WORK INSTRUCTIONS: Transcribe the listing below only from the line with "parts ≡ parts" up to and including the line with "normal_loop-stack_after absolute [] (parts".
*** Block opens ***
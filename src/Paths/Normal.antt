-- ===== src/Paths/Normal.antt =====
-- The normal form of paths: what `normalizedTrimmed` of server/src/utils/path/FileSystemPath.h and the
-- `operator/` that calls it give.
use utbot_cpp.Base.{
  Bool, true, false, ◌||◌, List, [], ◌∷◌, ◌++◌, ◌≡◌, refl, sym, ap, ◌∙◌, Text, text_eq, Bool-cases,
  inl, inr,
}
use utbot_cpp.Strings.Affixes.{is_empty}
use utbot_cpp.Paths.FilePath.{
  FilePath, is_dot, is_dot_dot, push_dot_dot, push_part, normal_loop, dot_if_empty,
  normalized_trimmed,
}
use mathlib.Core.List.{reverse, reverse-append}

-- The stack at the end of the loop.
module _ (absolute : Bool) where
  abbrev pub stack_after : List Text → List Text → List Text
  stack_after stack [] = stack
  stack_after stack (part ∷ parts) = stack_after (push_part absolute part stack) parts

  stack_after-append :
      (stack parts : List Text) (part : Text)
      → stack_after stack (parts ++ part ∷ []) ≡ push_part absolute part (stack_after stack parts)
  stack_after-append stack [] part = refl
  stack_after-append stack (p ∷ parts) part =
      stack_after-append (push_part absolute p stack) parts part

  pub normal_loop-stack_after :
      (stack parts : List Text)
      → normal_loop absolute stack parts ≡ reverse (stack_after stack parts)
  unfolding normal_loop
  normal_loop-stack_after stack [] = refl
  normal_loop-stack_after stack (part ∷ parts) =
      normal_loop-stack_after (push_part absolute part stack) parts

  -- A stack that was made by pushing: the name on its top would be pushed again.
  abbrev pub IsStack : List Text → Type 0
  IsStack [] = Unit
  IsStack (part ∷ stack) = (push_part absolute part stack ≡ part ∷ stack) × IsStack stack

  push_dot_dot-IsStack : (stack : List Text) → IsStack stack → IsStack (push_dot_dot absolute stack)
  unfolding text_eq
  push_dot_dot-IsStack [] h = elim (Bool-cases absolute) [
    | inl e ↦ rw e tt
    | inr e ↦ rw e (refl, tt)
  ]
  push_dot_dot-IsStack (top ∷ stack) h = elim (Bool-cases (is_dot_dot top)) [
    | inl e ↦ rw e (rw e refl, h)
    | inr e ↦ rw e h.1
  ]

  push_part-IsStack :
      (part : Text) (stack : List Text) → IsStack stack → IsStack (push_part absolute part stack)
  push_part-IsStack part stack h = elim (Bool-cases (is_empty part || is_dot part)) [
    | inl e ↦ rw e h
    | inr e ↦ elim (Bool-cases (is_dot_dot part)) [
      | inr name ↦ rw (e, name) (rw (e, name) refl, h)
      | inl up ↦ rw (e, up) (push_dot_dot-IsStack stack h)
    ]
  ]

  stack_after-IsStack :
      (stack parts : List Text) → IsStack stack → IsStack (stack_after stack parts)
  stack_after-IsStack stack [] h = h
  stack_after-IsStack stack (part ∷ parts) h =
      stack_after-IsStack (push_part absolute part stack) parts (push_part-IsStack part stack h)

  reverse_cons :
      (part : Text) (stack : List Text) → reverse (part ∷ stack) ≡ reverse stack ++ part ∷ []
  reverse_cons part stack = reverse-append (part ∷ []) stack

  -- Such a stack is pushed again name by name.
  stack_after-reverse : (stack : List Text) → IsStack stack → stack_after [] (reverse stack) ≡ stack
  stack_after-reverse [] h = refl
  stack_after-reverse (part ∷ stack) (here, h) =
      ap (stack_after []) (reverse_cons part stack)
      ∙ stack_after-append [] (reverse stack) part
      ∙ ap (push_part absolute part) (stack_after-reverse stack h)
      ∙ here

  normal_loop-normal_loop :
      (parts : List Text)
      → normal_loop absolute [] (normal_loop absolute [] parts) ≡ normal_loop absolute [] parts
  normal_loop-normal_loop parts =
      ap (normal_loop absolute []) (normal_loop-stack_after [] parts)
      ∙ normal_loop-stack_after [] (reverse (stack_after [] parts))
      ∙ ap reverse (stack_after-reverse (stack_after [] parts) (stack_after-IsStack [] parts tt))
      ∙ sym (normal_loop-stack_after [] parts)

-- A path that is its own normal form.
abbrev pub IsNormal : FilePath → Type 0
IsNormal p = normalized_trimmed p.is_absolute p.parts ≡ p

-- The normal form of any names.
abbrev pub normal_parts : Bool → List Text → List Text
normal_parts absolute [] = []
normal_parts absolute (part ∷ parts) =
    dot_if_empty absolute (normal_loop absolute [] (part ∷ parts))

pub normalized_trimmed-normal_parts :
    (absolute : Bool) (parts : List Text)
    → normalized_trimmed absolute parts
      ≡ record { is_absolute = absolute; parts = normal_parts absolute parts }
unfolding normalized_trimmed
normalized_trimmed-normal_parts absolute [] = refl
normalized_trimmed-normal_parts absolute (part ∷ parts) = refl

normal_parts_of :
    (absolute : Bool) (parts : List Text)
    → normal_loop absolute [] parts ≡ parts
    → normal_parts absolute (dot_if_empty absolute parts) ≡ dot_if_empty absolute parts
normal_parts_of true [] e = refl
normal_parts_of false [] e = unfold normal_loop text_eq in refl
normal_parts_of true (part ∷ parts) e = ap (dot_if_empty true) e
normal_parts_of false (part ∷ parts) e = ap (dot_if_empty false) e

normal_parts-normal_parts :
    (absolute : Bool) (parts : List Text)
    → normal_parts absolute (normal_parts absolute parts) ≡ normal_parts absolute parts
normal_parts-normal_parts absolute [] = refl
normal_parts-normal_parts absolute (part ∷ parts) =
    normal_parts_of absolute (normal_loop absolute [] (part ∷ parts))
      (normal_loop-normal_loop absolute (part ∷ parts))

-- A path that the program has put in normal form stays as it is when that is done again.
pub normalized_trimmed-IsNormal :
    (absolute : Bool) (parts : List Text) → IsNormal (normalized_trimmed absolute parts)
normalized_trimmed-IsNormal absolute parts = rw (normalized_trimmed-normal_parts absolute parts) (
    normalized_trimmed-normal_parts absolute (normal_parts absolute parts)
    ∙ ap (λ ps. record { is_absolute = absolute; parts = ps })
        (normal_parts-normal_parts absolute parts))

-- A name that every stack takes comes last.
pub normal_loop_snoc :
    (absolute : Bool) (parts : List Text) (name : Text)
    → ((stack : List Text) → push_part absolute name stack ≡ name ∷ stack)
    → normal_loop absolute [] (parts ++ name ∷ []) ≡ normal_loop absolute [] parts ++ name ∷ []
normal_loop_snoc absolute parts name here =
    normal_loop-stack_after absolute [] (parts ++ name ∷ [])
    ∙ ap reverse (stack_after-append absolute [] parts name ∙ here (stack_after absolute [] parts))
    ∙ reverse_cons absolute name (stack_after absolute [] parts)
    ∙ ap (λ ps. ps ++ name ∷ []) (sym (normal_loop-stack_after absolute [] parts))
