-- ===== src/Paths/Directories.antt =====
-- The directory and the name of a path of server/src/utils/path/FileSystemPath.h, taken apart and put
-- together.
use utbot_cpp.Base.{
  Bool, true, false, ◌||◌, List, [], ◌∷◌, ◌++◌, ◌≡◌, ◌≢◌, refl, sym, ap, ◌∙◌, subst, Text,
  if◌then◌else◌,
}
use utbot_cpp.Strings.Affixes.{is_empty}
use utbot_cpp.Paths.FilePath.{
  FilePath, is_dot, is_dot_dot, normal_loop, dot_if_empty, normalized_trimmed, last_part,
  front_parts, filename, parent_path, path_of_name, append_path, append_name,
}
use utbot_cpp.Paths.Normal.{
  IsNormal, normalized_trimmed-IsNormal, normal_parts, normalized_trimmed-normal_parts,
  normal_loop_snoc,
}

-- A name that stands for itself in a path.
abbrev pub IsName : Text → Type 0
IsName name = ((is_empty name || is_dot name) ≡ false) × (is_dot_dot name ≡ false)

dot_if_empty_snoc :
    (absolute : Bool) (parts : List Text) (name : Text)
    → dot_if_empty absolute (parts ++ name ∷ []) ≡ parts ++ name ∷ []
dot_if_empty_snoc true [] name = refl
dot_if_empty_snoc false [] name = refl
dot_if_empty_snoc true (part ∷ parts) name = refl
dot_if_empty_snoc false (part ∷ parts) name = refl

normal_parts_snoc :
    (absolute : Bool) (parts : List Text) (name : Text)
    → IsName name
    → normal_parts absolute (parts ++ name ∷ []) ≡ normal_loop absolute [] parts ++ name ∷ []
normal_parts_snoc absolute [] name (some_name, up) =
    ap (dot_if_empty absolute)
      (normal_loop_snoc absolute [] name (λ stack. rw (some_name, up) refl))
    ∙ dot_if_empty_snoc absolute (normal_loop absolute [] []) name
normal_parts_snoc absolute (part ∷ parts) name (some_name, up) =
    ap (dot_if_empty absolute)
      (normal_loop_snoc absolute (part ∷ parts) name (λ stack. rw (some_name, up) refl))
    ∙ dot_if_empty_snoc absolute (normal_loop absolute [] (part ∷ parts)) name

pub append_name-normal_loop :
    (p : FilePath) (name : Text)
    → IsName name
    → append_name p name ≡ record {
      is_absolute = p.is_absolute;
      parts = normal_loop p.is_absolute [] p.parts ++ name ∷ [];
    }
unfolding append_name append_path path_of_name
append_name-normal_loop p [] (some_name, up) = cc
append_name-normal_loop p (c ∷ s) h =
    normalized_trimmed-normal_parts p.is_absolute (p.parts ++ (c ∷ s) ∷ [])
    ∙ ap (λ ps. record { is_absolute = p.is_absolute; parts = ps })
        (normal_parts_snoc p.is_absolute p.parts (c ∷ s) h)

last_part_snoc : (parts : List Text) (name : Text) → last_part (parts ++ name ∷ []) ≡ name
last_part_snoc [] name = refl
last_part_snoc (part ∷ []) name = refl
last_part_snoc (part ∷ next ∷ parts) name = last_part_snoc (next ∷ parts) name

front_parts_snoc : (parts : List Text) (name : Text) → front_parts (parts ++ name ∷ []) ≡ parts
front_parts_snoc [] name = refl
front_parts_snoc (part ∷ []) name = refl
front_parts_snoc (part ∷ next ∷ parts) name =
    ap (λ ps. part ∷ ps) (front_parts_snoc (next ∷ parts) name)

pub filename-append_name :
    (p : FilePath) (name : Text) → IsName name → filename (append_name p name) ≡ name
unfolding filename
filename-append_name p name h =
    ap (λ q. last_part q.parts) (append_name-normal_loop p name h)
    ∙ last_part_snoc (normal_loop p.is_absolute [] p.parts) name

pub normal_parts_absolute :
    (parts : List Text) → normal_parts true parts ≡ normal_loop true [] parts
normal_parts_absolute [] = unfold normal_loop in refl
normal_parts_absolute (part ∷ parts) = dot_if_absolute (normal_loop true [] (part ∷ parts))
  where
    dot_if_absolute : (ps : List Text) → dot_if_empty true ps ≡ ps
    dot_if_absolute [] = refl
    dot_if_absolute (p ∷ ps) = refl

-- A directory in normal form that is absolute: `.` is none, as `./a` becomes `a`.
abbrev pub IsDirectory : FilePath → Type 0
IsDirectory p = (p.is_absolute ≡ true) × IsNormal p

pub IsDirectory-normal_loop :
    (p : FilePath) → IsDirectory p → normal_loop p.is_absolute [] p.parts ≡ p.parts
IsDirectory-normal_loop p (absolute, normal) = rw absolute (
    sym (normal_parts_absolute p.parts)
    ∙ ap (λ a. normal_parts a p.parts) (sym absolute)
    ∙ ap (λ q. q.parts) (sym (normalized_trimmed-normal_parts p.is_absolute p.parts) ∙ normal))

pub parent_path-append_name :
    (p : FilePath) (name : Text)
    → IsDirectory p
    → IsName name
    → parent_path (append_name p name) ≡ p
unfolding parent_path
parent_path-append_name p name d h =
    ap {A = FilePath} (λ q. record q { parts = front_parts q.parts })
      (append_name-normal_loop p name h)
    ∙ ap {B = FilePath} (λ ps. record { is_absolute = p.is_absolute; parts = ps })
        (front_parts_snoc (normal_loop p.is_absolute [] p.parts) name ∙ IsDirectory-normal_loop p d)

front_last :
    (parts : List Text) → last_part parts ≢ [] → front_parts parts ++ last_part parts ∷ [] ≡ parts
front_last [] some_name = absurd (some_name refl)
front_last (part ∷ []) some_name = refl
front_last (part ∷ next ∷ parts) some_name =
    ap (λ ps. part ∷ ps) (front_last (next ∷ parts) some_name)

append_name_parts :
    (p : FilePath) (name : Text)
    → name ≢ []
    → append_name p name ≡ normalized_trimmed p.is_absolute (p.parts ++ name ∷ [])
unfolding append_name append_path path_of_name
append_name_parts p [] some_name = absurd (some_name refl)
append_name_parts p (c ∷ s) some_name = refl

-- The directory and the name give the path back.
pub append_name-parent_path :
    (p : FilePath) → IsNormal p → filename p ≢ [] → append_name (parent_path p) (filename p) ≡ p
unfolding parent_path filename
append_name-parent_path p normal some_name =
    append_name_parts (parent_path p) (last_part p.parts) some_name
    ∙ ap (normalized_trimmed p.is_absolute) (front_last p.parts some_name)
    ∙ normal

pub append_path_relative :
    (a b : FilePath)
    → b.is_absolute ≡ false
    → append_path a b ≡ normalized_trimmed a.is_absolute (a.parts ++ b.parts)
unfolding append_path
append_path_relative a b behind =
    ap {B = FilePath} (λ t. if t then b else normalized_trimmed a.is_absolute (a.parts ++ b.parts))
      behind

normalized_trimmed-IsDirectory : (parts : List Text) → IsDirectory (normalized_trimmed true parts)
normalized_trimmed-IsDirectory parts = (
  ap {A = FilePath} (λ q. q.is_absolute) (normalized_trimmed-normal_parts true parts),
  normalized_trimmed-IsNormal true parts,
)

-- A path behind an absolute one is absolute, and a normal form.
pub append_path-IsDirectory :
    (a b : FilePath) → a.is_absolute ≡ true → b.is_absolute ≡ false → IsDirectory (append_path a b)
append_path-IsDirectory a b absolute behind =
    subst IsDirectory
      (ap (λ t. normalized_trimmed t (a.parts ++ b.parts)) (sym absolute)
        ∙ sym (append_path_relative a b behind))
      (normalized_trimmed-IsDirectory (a.parts ++ b.parts))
*** Block closes ***
RESPONSE:
    → normal_loop absolute [] parts ≡ parts
    → normal_parts absolute (dot_if_empty absolute parts) ≡ dot_if_empty absolute parts
normal_parts_of true [] e = refl
normal_parts_of false [] e = unfold normal_loop text_eq in refl
normal_parts_of true (part ∷ parts) e = ap (dot_if_empty true) e
normal_parts_of false (part ∷ parts) e = ap (dot_if_empty false) e

normal_parts-normal_parts :
    (absolute : Bool) (parts : List Text)
    → normal_parts absolute (normal_parts absolute parts) ≡ normal_parts absolute parts
normal_parts-normal_parts absolute [] = refl
normal_parts-normal_parts absolute (part ∷ parts) =
    normal_parts_of absolute (normal_loop absolute [] (part ∷ parts))
      (normal_loop-normal_loop absolute (part ∷ parts))

-- A path that the program has put in normal form stays as it is when that is done again.
pub normalized_trimmed-IsNormal :
    (absolute : Bool) (parts : List Text) → IsNormal (normalized_trimmed absolute parts)
normalized_trimmed-IsNormal absolute parts = rw (normalized_trimmed-normal_parts absolute parts) (
    normalized_trimmed-normal_parts absolute (normal_parts absolute parts)
    ∙ ap (λ ps. record { is_absolute = absolute; parts = ps })
        (normal_parts-normal_parts absolute parts))

-- A name that every stack takes comes last.
pub normal_loop_snoc :
    (absolute : Bool) (parts : List Text) (name : Text)
    → ((stack : List Text) → push_part absolute name stack ≡ name ∷ stack)
    → normal_loop absolute [] (parts ++ name ∷ []) ≡ normal_loop absolute [] parts ++ name ∷ []
normal_loop_snoc absolute parts name here =
    normal_loop-stack_after absolute [] (parts ++ name ∷ [])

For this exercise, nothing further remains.